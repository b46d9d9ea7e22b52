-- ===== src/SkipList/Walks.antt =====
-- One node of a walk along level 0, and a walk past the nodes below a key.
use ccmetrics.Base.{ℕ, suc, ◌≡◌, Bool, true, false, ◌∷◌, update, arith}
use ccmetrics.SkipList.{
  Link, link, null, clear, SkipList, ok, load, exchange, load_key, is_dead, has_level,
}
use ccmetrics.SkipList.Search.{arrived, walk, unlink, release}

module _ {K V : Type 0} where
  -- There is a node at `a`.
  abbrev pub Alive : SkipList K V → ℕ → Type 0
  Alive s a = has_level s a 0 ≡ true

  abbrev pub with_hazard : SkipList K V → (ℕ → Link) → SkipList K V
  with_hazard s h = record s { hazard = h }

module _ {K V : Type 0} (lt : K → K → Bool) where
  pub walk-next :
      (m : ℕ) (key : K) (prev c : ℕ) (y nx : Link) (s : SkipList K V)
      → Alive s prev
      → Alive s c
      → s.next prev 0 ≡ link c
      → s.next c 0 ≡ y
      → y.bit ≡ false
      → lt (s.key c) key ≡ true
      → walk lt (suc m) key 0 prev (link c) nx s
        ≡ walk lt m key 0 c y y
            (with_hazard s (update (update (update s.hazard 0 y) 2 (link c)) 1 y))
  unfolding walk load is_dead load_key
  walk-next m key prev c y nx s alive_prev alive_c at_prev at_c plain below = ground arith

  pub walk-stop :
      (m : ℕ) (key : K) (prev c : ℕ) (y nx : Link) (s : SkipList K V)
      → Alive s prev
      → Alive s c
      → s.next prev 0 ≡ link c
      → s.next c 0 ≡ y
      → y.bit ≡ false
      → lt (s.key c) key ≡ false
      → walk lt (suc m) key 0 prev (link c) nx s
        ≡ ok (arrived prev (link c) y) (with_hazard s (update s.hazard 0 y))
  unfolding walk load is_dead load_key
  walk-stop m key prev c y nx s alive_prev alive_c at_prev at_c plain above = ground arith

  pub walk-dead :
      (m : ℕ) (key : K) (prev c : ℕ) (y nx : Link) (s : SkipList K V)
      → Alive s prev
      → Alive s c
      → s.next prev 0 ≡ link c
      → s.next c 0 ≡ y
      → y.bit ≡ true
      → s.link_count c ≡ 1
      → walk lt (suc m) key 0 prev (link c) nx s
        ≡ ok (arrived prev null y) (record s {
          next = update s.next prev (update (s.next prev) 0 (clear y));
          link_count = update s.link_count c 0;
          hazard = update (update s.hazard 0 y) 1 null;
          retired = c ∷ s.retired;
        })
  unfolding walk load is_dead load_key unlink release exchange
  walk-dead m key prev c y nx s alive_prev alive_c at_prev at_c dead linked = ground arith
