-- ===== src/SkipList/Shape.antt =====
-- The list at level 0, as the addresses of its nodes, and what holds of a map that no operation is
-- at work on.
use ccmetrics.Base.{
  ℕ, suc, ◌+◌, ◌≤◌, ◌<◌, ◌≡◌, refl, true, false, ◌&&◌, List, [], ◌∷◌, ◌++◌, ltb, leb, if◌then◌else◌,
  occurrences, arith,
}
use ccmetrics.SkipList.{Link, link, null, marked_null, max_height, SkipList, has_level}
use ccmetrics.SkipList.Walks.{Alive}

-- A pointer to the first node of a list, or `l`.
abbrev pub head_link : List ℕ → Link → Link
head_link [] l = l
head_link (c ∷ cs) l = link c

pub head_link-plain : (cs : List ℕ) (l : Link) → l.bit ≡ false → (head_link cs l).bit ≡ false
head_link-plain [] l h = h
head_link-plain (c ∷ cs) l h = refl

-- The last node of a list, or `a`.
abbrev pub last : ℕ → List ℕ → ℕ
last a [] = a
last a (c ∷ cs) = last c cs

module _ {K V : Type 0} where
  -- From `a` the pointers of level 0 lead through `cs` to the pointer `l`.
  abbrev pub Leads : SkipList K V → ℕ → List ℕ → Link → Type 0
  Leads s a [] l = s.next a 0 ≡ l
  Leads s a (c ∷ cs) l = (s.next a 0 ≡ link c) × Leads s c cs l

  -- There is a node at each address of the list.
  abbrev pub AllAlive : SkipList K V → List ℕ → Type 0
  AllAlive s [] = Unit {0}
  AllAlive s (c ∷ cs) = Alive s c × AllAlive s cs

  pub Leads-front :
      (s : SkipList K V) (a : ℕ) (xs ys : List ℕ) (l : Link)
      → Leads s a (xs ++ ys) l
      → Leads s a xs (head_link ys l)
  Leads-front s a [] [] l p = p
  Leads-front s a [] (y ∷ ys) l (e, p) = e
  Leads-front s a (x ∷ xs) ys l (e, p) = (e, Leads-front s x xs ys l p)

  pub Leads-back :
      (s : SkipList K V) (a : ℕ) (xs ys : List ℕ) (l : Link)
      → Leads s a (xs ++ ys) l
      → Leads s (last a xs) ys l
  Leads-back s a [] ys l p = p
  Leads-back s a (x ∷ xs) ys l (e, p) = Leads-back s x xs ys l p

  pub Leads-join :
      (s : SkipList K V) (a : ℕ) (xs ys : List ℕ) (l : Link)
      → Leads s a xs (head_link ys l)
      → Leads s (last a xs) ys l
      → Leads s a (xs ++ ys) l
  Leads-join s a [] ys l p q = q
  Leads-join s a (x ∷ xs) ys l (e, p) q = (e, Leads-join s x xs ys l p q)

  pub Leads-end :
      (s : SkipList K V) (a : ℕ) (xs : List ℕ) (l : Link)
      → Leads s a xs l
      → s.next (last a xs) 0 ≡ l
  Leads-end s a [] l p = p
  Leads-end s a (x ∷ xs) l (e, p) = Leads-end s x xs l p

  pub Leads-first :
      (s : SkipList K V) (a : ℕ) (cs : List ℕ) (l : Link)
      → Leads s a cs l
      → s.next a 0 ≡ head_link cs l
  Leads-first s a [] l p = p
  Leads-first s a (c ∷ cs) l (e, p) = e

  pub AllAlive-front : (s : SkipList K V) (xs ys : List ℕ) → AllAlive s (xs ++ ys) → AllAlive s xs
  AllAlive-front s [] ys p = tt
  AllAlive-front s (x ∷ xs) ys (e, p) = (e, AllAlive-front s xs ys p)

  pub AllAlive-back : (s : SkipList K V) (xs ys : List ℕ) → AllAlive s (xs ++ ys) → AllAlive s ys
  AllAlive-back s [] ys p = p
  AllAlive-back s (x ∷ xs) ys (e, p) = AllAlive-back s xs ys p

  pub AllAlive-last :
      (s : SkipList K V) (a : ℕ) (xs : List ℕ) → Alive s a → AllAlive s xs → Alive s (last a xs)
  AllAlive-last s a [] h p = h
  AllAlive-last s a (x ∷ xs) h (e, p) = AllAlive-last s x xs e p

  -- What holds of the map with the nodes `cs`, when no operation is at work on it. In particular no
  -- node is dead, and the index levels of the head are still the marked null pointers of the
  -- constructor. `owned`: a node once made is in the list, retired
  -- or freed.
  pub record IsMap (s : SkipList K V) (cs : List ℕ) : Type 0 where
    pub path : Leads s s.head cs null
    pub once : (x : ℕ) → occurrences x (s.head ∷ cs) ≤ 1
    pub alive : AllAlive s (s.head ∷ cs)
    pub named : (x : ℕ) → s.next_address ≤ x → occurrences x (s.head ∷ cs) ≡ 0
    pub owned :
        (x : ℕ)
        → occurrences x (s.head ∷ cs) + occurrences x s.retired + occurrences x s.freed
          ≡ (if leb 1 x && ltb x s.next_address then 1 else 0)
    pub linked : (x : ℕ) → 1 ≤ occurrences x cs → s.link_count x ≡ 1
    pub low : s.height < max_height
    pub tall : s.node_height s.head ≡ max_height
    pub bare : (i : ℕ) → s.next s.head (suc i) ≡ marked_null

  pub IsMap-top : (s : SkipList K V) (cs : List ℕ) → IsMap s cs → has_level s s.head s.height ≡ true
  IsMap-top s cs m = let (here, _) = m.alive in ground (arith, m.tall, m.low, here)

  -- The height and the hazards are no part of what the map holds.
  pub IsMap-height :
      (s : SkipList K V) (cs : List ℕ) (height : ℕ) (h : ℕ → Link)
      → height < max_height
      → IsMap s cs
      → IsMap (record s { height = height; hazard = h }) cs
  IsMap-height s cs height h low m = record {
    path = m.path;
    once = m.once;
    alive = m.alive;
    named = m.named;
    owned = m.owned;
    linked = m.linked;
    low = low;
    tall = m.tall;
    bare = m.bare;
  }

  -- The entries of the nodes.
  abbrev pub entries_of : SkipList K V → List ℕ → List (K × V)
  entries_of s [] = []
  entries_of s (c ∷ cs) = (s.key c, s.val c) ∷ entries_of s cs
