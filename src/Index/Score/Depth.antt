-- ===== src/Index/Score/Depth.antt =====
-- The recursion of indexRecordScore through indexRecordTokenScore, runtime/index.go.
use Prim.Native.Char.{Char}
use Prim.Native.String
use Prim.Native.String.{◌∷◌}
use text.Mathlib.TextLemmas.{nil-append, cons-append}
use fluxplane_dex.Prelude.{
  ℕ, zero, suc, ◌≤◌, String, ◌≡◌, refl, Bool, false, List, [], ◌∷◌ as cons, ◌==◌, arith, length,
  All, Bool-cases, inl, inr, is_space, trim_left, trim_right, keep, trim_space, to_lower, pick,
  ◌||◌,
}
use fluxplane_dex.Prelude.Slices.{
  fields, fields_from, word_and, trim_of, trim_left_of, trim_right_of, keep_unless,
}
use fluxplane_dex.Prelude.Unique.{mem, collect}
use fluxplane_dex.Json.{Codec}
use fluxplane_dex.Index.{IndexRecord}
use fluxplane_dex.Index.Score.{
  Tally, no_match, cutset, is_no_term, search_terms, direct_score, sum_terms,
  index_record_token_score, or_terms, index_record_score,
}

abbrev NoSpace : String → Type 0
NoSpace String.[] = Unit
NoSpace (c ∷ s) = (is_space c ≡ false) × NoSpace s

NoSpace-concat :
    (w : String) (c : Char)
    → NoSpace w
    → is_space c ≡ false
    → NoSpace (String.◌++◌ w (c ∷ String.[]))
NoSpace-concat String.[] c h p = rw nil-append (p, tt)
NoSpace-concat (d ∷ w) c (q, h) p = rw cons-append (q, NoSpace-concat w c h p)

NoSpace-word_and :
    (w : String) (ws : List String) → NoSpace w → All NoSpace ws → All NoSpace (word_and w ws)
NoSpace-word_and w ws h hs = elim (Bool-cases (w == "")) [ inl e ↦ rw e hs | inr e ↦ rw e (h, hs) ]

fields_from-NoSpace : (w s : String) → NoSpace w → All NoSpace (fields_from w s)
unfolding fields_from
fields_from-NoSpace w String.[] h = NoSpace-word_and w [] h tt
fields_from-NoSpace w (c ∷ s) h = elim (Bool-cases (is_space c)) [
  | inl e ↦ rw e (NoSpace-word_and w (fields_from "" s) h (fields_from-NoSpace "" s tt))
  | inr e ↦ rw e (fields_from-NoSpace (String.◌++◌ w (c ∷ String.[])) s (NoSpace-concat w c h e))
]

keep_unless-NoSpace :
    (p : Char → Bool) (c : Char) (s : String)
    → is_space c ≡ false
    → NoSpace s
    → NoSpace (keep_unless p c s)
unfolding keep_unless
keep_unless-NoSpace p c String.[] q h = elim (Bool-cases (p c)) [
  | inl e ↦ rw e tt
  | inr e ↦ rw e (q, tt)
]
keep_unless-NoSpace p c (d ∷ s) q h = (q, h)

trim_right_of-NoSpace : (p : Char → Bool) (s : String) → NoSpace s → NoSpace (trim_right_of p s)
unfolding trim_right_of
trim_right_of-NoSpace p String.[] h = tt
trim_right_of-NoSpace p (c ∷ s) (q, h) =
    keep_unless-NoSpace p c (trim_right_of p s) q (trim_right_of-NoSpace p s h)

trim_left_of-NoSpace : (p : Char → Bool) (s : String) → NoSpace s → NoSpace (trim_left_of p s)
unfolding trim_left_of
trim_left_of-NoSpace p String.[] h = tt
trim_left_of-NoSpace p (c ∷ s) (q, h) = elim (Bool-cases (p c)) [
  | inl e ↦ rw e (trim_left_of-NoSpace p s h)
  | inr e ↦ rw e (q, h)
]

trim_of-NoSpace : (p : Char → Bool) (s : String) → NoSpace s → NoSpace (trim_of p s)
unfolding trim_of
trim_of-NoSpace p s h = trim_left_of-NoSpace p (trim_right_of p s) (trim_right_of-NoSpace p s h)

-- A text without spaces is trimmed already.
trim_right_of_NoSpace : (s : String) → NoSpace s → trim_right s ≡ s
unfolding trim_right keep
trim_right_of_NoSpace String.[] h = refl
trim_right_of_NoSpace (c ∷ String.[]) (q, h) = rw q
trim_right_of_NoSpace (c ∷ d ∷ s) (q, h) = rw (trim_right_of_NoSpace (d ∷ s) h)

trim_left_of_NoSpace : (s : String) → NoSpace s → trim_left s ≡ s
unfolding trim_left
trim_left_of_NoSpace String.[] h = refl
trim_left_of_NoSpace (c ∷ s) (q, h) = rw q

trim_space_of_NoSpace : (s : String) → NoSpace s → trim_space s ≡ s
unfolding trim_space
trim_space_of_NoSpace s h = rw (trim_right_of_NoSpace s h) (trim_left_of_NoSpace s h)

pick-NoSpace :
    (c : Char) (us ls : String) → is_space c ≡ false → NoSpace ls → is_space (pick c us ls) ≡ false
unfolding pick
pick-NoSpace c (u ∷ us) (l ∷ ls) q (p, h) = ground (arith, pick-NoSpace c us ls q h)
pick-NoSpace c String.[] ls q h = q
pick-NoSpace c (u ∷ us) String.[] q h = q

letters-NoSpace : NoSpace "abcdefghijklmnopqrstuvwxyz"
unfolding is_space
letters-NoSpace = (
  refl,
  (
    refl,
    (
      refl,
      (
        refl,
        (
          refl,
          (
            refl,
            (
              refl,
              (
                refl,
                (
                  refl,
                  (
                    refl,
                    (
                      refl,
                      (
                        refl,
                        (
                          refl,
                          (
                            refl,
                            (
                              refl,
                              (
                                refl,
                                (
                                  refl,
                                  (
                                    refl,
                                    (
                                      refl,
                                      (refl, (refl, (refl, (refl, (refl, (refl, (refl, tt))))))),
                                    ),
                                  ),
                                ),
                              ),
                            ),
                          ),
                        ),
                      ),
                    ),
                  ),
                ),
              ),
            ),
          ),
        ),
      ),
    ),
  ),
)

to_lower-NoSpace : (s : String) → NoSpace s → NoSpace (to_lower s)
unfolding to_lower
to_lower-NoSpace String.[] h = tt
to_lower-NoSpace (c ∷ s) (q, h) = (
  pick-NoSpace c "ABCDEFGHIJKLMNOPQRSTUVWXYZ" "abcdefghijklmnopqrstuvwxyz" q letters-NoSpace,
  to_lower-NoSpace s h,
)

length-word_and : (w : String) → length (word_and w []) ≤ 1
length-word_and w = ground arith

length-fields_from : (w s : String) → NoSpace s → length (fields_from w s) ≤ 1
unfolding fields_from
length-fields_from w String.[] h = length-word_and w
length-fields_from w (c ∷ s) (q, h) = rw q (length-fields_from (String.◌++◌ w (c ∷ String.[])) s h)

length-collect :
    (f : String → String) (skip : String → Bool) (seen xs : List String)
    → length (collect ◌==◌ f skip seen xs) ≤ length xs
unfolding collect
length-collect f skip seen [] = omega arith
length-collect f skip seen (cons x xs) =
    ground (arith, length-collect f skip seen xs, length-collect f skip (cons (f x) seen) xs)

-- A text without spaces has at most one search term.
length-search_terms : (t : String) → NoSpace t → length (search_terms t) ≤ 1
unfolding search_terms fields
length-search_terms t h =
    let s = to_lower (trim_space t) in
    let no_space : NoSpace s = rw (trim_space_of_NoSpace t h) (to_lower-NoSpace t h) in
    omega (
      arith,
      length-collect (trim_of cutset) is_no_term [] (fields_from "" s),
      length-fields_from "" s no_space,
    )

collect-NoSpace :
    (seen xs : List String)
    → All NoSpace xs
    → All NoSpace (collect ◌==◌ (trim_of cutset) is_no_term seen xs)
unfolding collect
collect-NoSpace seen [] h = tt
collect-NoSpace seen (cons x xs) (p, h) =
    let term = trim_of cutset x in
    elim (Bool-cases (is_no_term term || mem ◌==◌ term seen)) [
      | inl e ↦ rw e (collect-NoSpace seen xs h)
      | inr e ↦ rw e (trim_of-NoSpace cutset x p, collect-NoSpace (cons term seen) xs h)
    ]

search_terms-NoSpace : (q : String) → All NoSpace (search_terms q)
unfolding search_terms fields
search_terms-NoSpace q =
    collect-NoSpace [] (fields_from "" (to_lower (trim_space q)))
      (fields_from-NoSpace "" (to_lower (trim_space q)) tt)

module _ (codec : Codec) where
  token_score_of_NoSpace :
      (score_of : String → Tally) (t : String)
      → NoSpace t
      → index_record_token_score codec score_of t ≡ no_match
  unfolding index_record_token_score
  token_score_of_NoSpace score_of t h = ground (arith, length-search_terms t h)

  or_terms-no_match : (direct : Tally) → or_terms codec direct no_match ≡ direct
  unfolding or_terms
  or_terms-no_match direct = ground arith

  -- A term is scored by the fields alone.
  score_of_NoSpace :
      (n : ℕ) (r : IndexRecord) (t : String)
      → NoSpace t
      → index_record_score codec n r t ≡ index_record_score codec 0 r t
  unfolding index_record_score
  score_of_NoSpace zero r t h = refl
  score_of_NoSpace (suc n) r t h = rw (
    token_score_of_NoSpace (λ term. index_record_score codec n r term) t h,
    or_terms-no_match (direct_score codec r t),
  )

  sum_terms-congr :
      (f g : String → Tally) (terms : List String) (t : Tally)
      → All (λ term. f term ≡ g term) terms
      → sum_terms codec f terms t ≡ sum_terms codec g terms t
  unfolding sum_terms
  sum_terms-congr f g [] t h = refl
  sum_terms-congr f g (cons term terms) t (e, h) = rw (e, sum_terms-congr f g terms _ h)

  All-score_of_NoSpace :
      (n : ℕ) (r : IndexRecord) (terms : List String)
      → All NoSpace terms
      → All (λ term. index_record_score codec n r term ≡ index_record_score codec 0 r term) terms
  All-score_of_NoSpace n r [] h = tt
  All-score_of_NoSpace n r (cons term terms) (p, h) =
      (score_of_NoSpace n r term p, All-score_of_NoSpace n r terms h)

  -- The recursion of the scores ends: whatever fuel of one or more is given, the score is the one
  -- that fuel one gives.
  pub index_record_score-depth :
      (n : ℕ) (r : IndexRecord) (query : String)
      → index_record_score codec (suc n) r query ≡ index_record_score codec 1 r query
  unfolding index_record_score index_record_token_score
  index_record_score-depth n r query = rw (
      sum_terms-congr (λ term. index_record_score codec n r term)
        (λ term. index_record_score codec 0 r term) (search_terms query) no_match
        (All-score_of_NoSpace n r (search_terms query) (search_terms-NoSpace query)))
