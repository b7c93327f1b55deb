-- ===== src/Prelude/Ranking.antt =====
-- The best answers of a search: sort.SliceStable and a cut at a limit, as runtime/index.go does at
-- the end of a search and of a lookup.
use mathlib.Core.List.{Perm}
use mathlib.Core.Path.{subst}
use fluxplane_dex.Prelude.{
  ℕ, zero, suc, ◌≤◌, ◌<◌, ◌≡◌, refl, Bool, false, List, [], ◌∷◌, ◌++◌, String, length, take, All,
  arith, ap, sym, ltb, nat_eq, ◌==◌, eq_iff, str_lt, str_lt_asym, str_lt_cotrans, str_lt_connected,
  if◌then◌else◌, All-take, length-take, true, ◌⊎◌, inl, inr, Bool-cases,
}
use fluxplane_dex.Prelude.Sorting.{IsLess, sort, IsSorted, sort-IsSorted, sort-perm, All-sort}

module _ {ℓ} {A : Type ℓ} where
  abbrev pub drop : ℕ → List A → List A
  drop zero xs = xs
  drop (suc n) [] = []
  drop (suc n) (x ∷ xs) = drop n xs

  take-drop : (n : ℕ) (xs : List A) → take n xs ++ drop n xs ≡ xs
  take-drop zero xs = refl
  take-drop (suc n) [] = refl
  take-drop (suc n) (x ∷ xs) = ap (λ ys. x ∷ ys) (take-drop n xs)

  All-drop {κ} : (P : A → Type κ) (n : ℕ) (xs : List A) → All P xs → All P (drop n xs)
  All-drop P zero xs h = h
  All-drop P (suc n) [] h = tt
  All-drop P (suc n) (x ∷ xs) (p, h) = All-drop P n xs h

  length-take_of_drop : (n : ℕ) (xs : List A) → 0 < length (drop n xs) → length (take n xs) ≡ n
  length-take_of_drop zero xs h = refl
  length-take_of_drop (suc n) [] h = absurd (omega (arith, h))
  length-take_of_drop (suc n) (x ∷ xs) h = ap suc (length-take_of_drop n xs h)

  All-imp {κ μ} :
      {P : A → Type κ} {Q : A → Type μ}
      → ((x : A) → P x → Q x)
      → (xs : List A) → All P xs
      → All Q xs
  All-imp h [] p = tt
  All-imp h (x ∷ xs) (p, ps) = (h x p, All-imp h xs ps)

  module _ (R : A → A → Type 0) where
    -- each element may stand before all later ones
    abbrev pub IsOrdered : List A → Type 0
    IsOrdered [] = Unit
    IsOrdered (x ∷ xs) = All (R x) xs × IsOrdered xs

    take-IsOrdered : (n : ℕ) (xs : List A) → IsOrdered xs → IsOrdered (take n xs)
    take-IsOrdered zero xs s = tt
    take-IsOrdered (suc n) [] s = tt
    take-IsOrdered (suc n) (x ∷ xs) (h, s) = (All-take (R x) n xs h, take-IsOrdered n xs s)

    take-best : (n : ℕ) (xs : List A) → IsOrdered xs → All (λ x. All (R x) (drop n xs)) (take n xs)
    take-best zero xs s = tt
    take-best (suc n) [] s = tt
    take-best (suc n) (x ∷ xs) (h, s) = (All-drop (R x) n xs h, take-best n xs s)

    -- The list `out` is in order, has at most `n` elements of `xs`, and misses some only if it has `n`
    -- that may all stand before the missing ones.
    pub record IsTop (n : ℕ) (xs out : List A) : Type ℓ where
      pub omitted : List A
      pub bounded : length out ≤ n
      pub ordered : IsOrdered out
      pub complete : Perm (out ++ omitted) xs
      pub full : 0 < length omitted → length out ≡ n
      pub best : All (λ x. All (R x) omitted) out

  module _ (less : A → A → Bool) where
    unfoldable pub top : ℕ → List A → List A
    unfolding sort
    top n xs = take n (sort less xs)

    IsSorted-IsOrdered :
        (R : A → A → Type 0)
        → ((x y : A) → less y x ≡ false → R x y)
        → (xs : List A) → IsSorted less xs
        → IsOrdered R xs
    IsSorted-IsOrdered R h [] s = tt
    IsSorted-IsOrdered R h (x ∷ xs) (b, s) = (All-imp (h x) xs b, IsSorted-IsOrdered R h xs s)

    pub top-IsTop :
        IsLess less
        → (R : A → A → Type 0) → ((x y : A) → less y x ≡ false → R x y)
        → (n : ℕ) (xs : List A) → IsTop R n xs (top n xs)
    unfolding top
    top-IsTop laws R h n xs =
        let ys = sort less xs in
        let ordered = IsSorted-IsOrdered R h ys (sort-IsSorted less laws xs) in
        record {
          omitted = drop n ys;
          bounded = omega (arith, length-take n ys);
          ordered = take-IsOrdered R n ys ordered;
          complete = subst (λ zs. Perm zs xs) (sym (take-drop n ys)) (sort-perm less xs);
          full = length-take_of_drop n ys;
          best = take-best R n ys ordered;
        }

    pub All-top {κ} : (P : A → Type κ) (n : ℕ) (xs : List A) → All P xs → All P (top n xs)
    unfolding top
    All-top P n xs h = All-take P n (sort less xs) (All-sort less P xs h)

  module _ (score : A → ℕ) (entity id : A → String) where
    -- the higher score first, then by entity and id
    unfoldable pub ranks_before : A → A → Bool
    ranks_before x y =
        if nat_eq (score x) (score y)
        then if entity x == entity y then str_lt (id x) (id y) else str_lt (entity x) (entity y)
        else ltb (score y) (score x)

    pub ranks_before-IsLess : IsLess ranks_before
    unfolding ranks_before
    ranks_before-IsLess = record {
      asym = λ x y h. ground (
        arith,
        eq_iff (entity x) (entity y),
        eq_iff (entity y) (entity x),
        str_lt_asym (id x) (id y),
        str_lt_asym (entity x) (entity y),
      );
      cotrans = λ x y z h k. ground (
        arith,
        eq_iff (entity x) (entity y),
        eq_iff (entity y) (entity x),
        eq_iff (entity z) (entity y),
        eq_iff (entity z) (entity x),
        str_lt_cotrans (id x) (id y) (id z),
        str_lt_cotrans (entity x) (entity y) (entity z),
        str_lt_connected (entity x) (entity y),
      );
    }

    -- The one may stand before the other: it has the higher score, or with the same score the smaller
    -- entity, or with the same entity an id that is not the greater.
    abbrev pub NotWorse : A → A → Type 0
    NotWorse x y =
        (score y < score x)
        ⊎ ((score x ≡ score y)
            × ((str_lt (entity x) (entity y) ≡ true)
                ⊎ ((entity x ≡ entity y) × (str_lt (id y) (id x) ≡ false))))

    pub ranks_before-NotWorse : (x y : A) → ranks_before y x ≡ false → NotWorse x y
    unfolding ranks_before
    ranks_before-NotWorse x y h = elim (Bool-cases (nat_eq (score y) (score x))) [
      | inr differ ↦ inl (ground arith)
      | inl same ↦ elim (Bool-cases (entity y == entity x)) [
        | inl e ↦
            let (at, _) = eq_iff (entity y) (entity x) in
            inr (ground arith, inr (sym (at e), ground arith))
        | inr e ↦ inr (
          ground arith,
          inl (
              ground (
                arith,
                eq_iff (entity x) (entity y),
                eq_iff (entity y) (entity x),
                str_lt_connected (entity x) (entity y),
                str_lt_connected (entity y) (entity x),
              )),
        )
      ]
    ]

........

**WHAT IS BEING ASKED:** If a line of the records above contains the word "where", count it; then give the total and nothing more.

**RESULT BELOW:** 10